Gloom Returns to Asia on Wall Street's Dive

Gloom and volatility returned to Asian markets Tuesday as investors dumped stocks following huge overnight losses on Wall Street and dismal U.S. economic reports revived fears of a global recession. Oil prices fell to three-year lows.

World markets rallied last week, but any nascent investor confidence quickly wilted after grim U.S. economic figures sent the Dow Jones industrial average plummeting nearly 700 points — or 7.7 percent — Monday, wiping out more than half of last week's big gains.

"I saw that figure this morning, and I thought, 'Oh, no. Here we go again,'" said Peter Wright, an associate at Burrell Stockbroking, as he watched Australian shares plummet from the opening bell.

Australia's central bank slashed its key interest rate Monday a full percentage point to 4.25 percent in an attempt to prevent the economy from sliding into recession. But investors took scant comfort from the move, sending the benchmark S&P/ASX 200 index down 4.2 percent to 3,528.2.

Japan's Nikkei 225 stock average tumbled 533.53 points, or 6.4 percent, to 7,863.69, and Hong Kong's Hang Seng index lost more than 5 percent to 13,396.07.

Kazuhiro Takahashi, an equity strategist at Daiwa Securities SMBC in Tokyo, said the market was under heavy selling pressure as investors braced for more bad news ahead from the U.S., including jobs data for November on Friday.

"It will be yet another sign confirming the U.S. economic deterioration," Takahashi predicted. "Investors are simply unable to find any positive leads right now."

Key indices in the Philippines, Taiwan, India and South Korea also dropped sharply.

"This was brought by the confirmation of recession in the U.S.," said Emmanuel Soller, a trader at Equitiworld Securities Inc. in Manila.

U.S. stocks first slid on initial reports that the first weekend of the holiday shopping season, while better than some retailers and analysts feared, saw only modest gains. Downbeat reports on the manufacturing sector and construction spending further unnerved investors.

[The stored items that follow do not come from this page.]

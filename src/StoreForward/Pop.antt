-- ===== src/StoreForward/Pop.antt =====
-- `pop` of logger/firmware/src/StoreForwardQueue.cpp against the abstract view.
use mathlib.Core.Path.{subst}
use Prim.Native.String.{String}
use devices.Prelude.{
  ℕ, ◌≡◌, refl, sym, ◌∙◌, Bool, false, List, [], ◌∷◌, ◌++◌, ◌⊎◌, inl, inr, arith, length,
  Option-cases, Bool-cases, ◌==◌, not, ◌||◌, if◌then◌else◌,
}
use devices.StoreForward.Fs.{Fs, FilePath, IsFs, Segment, segment_path}
use devices.StoreForward.Format.{RecordHeader, header_of}
use devices.StoreForward.Types.{Queue, saturating_add, pending_records, oldest_segment}
use devices.StoreForward.Reading.{read_header_written}
use devices.StoreForward.Contents.{
  IsQueue, encode_records, pending_records-eq, oldest_segment_active, oldest_segment_inactive,
}
use devices.StoreForward.Queue.{fail, advance, read_header, open_at_head, commit_pop, pop}
use devices.StoreForward.Commit.{commit_pop-TwoHold, commit_pop-active}
use devices.StoreForward.Peek.{open_at_head-rest}
use devices.StoreForward.Held.{
  TwoHold, SameHeld, TwoHold-same, fail-SameHeld, same_queue, IsQueue-TwoHold_active,
  IsQueue-TwoHold-other, TwoHold-active-IsQueue, TwoHold-other-IsQueue,
}

module _ {W R : Type 0} (fs : Fs W R) {whole rest : R → List ℕ} {content : FilePath → W → List ℕ}
    (is_fs : IsFs fs whole rest content) where
  open_at_head-SameHeld :
      (s : Segment) (q q' : Queue) (w : W)
      → SameHeld content q q' w w
      → SameHeld content q q' w (open_at_head fs s q w).1
  open_at_head-SameHeld s q q' w e = record {
    head_same = e.head_same;
    tail_same = e.tail_same;
    count_same = e.count_same;
    ready_same = e.ready_same;
    maximum_same = e.maximum_same;
    content_same = λ t. ground (arith, is_fs.open_read_keeps (segment_path s) (segment_path t) w);
  }

  -- The first record of the segment `s` is gone, or the call has failed and it is still there.
  abbrev FirstPopped :
      Bool → Segment → List (List ℕ) → List (List ℕ) → Queue → Bool × Queue × W → List ℕ → Type 0
  FirstPopped discarded s ps b q result p =
      (result.1.metadata.active_segment ≡ q.metadata.active_segment)
      × (TwoHold content result.1 result.2 s ps b
            × (result.1.metadata.dropped_records
                ≡ (advance s (length p) discarded q).metadata.dropped_records)
          ⊎ (result.0 ≡ false)
            × TwoHold content result.1 result.2 s (p ∷ ps) b
            × (result.1.metadata.dropped_records ≡ q.metadata.dropped_records))

  commit-FirstPopped :
      (d : Bool) (s : Segment) (p : List ℕ) (ps b : List (List ℕ)) (q : Queue) (w : W)
      (h : RecordHeader)
      → h ≡ header_of p
      → TwoHold content q w s (p ∷ ps) b
      → FirstPopped d s ps b q (commit_pop fs s h.length d q w) p
  unfolding header_of
  commit-FirstPopped d s p ps b q w h e v =
      rw e (
        commit_pop-active fs is_fs s (length p) d q w,
        commit_pop-TwoHold fs is_fs s p ps b d q w v,
      )

  pop-FirstPopped :
      (d : Bool) (q : Queue) (w : W) (p : List ℕ) (ps b : List (List ℕ))
      → TwoHold content q w (oldest_segment q) (p ∷ ps) b
      → FirstPopped d (oldest_segment q) ps b q (pop fs d q w) p
  unfolding pop
  pop-FirstPopped d q w p ps b v =
      let s = oldest_segment q in
      let w₁ = (open_at_head fs s q w).1 in
      let failed = λ (e : String).
        TwoHold-same content (open_at_head-SameHeld s q (fail q e) w (fail-SameHeld content q w e))
          v in
      elim (Bool-cases (not q.ready || (pending_records q == 0))) [
        | inl idle ↦ rw idle (refl, inr (refl, v, refl))
        | inr busy ↦ elim (Option-cases (open_at_head fs s q w).0) [
          | inl missing ↦
              rw (busy, missing) (refl, inr (refl, failed "Queue pop seek failed", refl))
          | inr (file, opened) ↦ elim (Option-cases (read_header fs file).0) [
            | inl bad ↦
                rw (busy, opened, bad) (refl, inr (refl, failed "Queue pop header invalid", refl))
            | inr (h, found) ↦
                let before = open_at_head-rest fs is_fs s q w (p ∷ ps) v.first_held opened in
                let is_header =
                  (read_header_written fs is_fs.reader file p (encode_records ps)
                    v.first_held.payloads.0 before found).0 in
                let held =
                  TwoHold-same content (open_at_head-SameHeld s q q w (same_queue content q w)) v in
                rw (busy, opened, found) (commit-FirstPopped d s p ps b q w₁ h is_header held)
          ]
        ]
      ]

  -- After the call, all pending records but the first, `p`, are pending, in their order, and the drop
  -- counter is raised by one, up to its maximum, if the call discards.
  abbrev pub Popped : Bool → Queue → Queue × W → List (List ℕ) → List (List ℕ) → List ℕ → Type 0
  Popped discarded q (q', w') older newer p =
      (older' : List (List ℕ)) × (newer' : List (List ℕ)) × IsQueue content q' w' older' newer'
      × (older ++ newer ≡ p ∷ (older' ++ newer'))
      × (q'.metadata.dropped_records ≡ (
          if discarded
          then saturating_add q.metadata.dropped_records 1
          else q.metadata.dropped_records))

  -- After the call, the same records are pending, and none was counted as dropped.
  abbrev pub Unpopped : Queue → Queue × W → List (List ℕ) → List (List ℕ) → Type 0
  Unpopped q (q', w') older newer =
      IsQueue content q' w' older newer × (q'.metadata.dropped_records ≡ q.metadata.dropped_records)

  pop_none_pending :
      (d : Bool) (q : Queue) (w : W) → pending_records q ≡ 0 → pop fs d q w ≡ (false, q, w)
  unfolding pop
  pop_none_pending d q w e = ground arith

  -- Whatever the filesystem does, `pop` takes off the oldest pending record and keeps all the others
  -- in order, or it fails and keeps every record.
  pub pop_refines :
      (discarded : Bool) (q : Queue) (w : W) (older newer : List (List ℕ))
      → IsQueue content q w older newer
      → let (done, q', w') = pop fs discarded q w in
        ((p : List ℕ) × Popped discarded q (q', w') older newer p)
        ⊎ (done ≡ false) × Unpopped q (q', w') older newer
  pop_refines d q w [] [] v =
      let idle = pop_none_pending d q w (pending_records-eq content q w [] [] v) in
      rw idle (inr (refl, (v, refl)))
  pop_refines d q w [] (p ∷ ps) v =
      let s = oldest_segment_active q v.older_held.count_eq in
      let held =
        subst (λ t. TwoHold content q w t (p ∷ ps) []) (sym s) (IsQueue-TwoHold_active content v) in
      let (active, result) = pop-FirstPopped d q w p ps [] held in
      elim result [
        | inl (gone, counted) ↦
            inl (p, ([], ps, TwoHold-active-IsQueue content (active ∙ sym s) gone, refl, counted))
        | inr (fails, kept, counted) ↦
            inr (fails, (TwoHold-active-IsQueue content (active ∙ sym s) kept, counted))
      ]
  pop_refines d q w (p ∷ ps) newer v =
      let s = oldest_segment_inactive q (length ps) v.older_held.count_eq in
      let held =
        subst (λ t. TwoHold content q w t (p ∷ ps) newer) (sym s)
          (IsQueue-TwoHold-other content v) in
      let (active, result) = pop-FirstPopped d q w p ps newer held in
      let q' = (pop fs d q w).1 in
      let w' = (pop fs d q w).2 in
      elim result [
        | inl (gone, counted) ↦
            let gone' = subst (λ t. TwoHold content q' w' t ps newer) s gone in
            inl (p, (ps, newer, TwoHold-other-IsQueue content active gone', refl, counted))
        | inr (fails, kept, counted) ↦
            let kept' = subst (λ t. TwoHold content q' w' t (p ∷ ps) newer) s kept in
            inr (fails, (TwoHold-other-IsQueue content active kept', counted))
      ]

Then the National Bureau of Economic Research, considered the arbiter of when the economy is in recession or expanding, said the U.S. recession had begun a year ago, in December 2007. By one benchmark, a recession occurs whenever the gross domestic product, the total output of goods and services, declines for two consecutive quarters. But the NBER's dating committee uses broader and more precise measures, including employment data.

The bleak outlook for the U.S. economy drove oil prices to three-year lows in Asian electronic trading. Light, sweet crude for January delivery was down $1.44 to $47.84 a barrel — the lowest since 2005 — in electronic trading on the New York Mercantile Exchange by midafternoon in Singapore.

The problems facing the U.S. manufacturing sector were reflected in similar surveys earlier for the euro-zone and Britain, where shares also fell sharply Monday.

Apart from fears over a prolonged global downturn, Japanese stocks sank on heavy selling of exporters after recent gains in the yen. A stronger yen erodes overseas earnings and makes Japanese products more expensive for consumers abroad. The dollar was little changed at 93.24 yen in late afternoon Tokyo trade.

Japan's top automaker, Toyota Motor Corp., tumbled 4.1 percent, while Honda Motor Corp. dropped 6.9 percent. Sony Corp. Sony Corp. fell 4.6 percent.

In Taiwan, markets were weighed down by a profit warning from Taiwan Semiconductor Manufacturing Co., the world's largest chip contractor. Its shares tumbled 7 percent, while shares of rival United Microelectronics Corp. fell limit down 7 percent.

U.S. stock index futures were up modestly, suggesting Wall Street would bounce back Tuesday. Dow futures were up 41 points, or 0.5 percent, to 8,178, while S&P 500 futures were up 2.3 points, or 0.3 percent, to 818.1.